**Task goal**
Return the full set of entries exactly. Omit none.

(Items from a dataset)

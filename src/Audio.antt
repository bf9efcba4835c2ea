-- ===== src/Audio.antt =====
-- The audio front end: src/audio.
pub mod Endpointer
pub mod SpscRing
pub mod HalfDuplexGate
pub mod UtteranceBuffer
pub mod Wav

**Exercise response**
filename src/Audio.antt
repository bf9efcba4835c2ea
-- ===== src/Audio.antt =====
-- The audio front end: src/audio.
pub mod Endpointer
pub mod SpscRing
pub mod HalfDuplexGate
pub mod UtteranceBuffer
pub mod Wav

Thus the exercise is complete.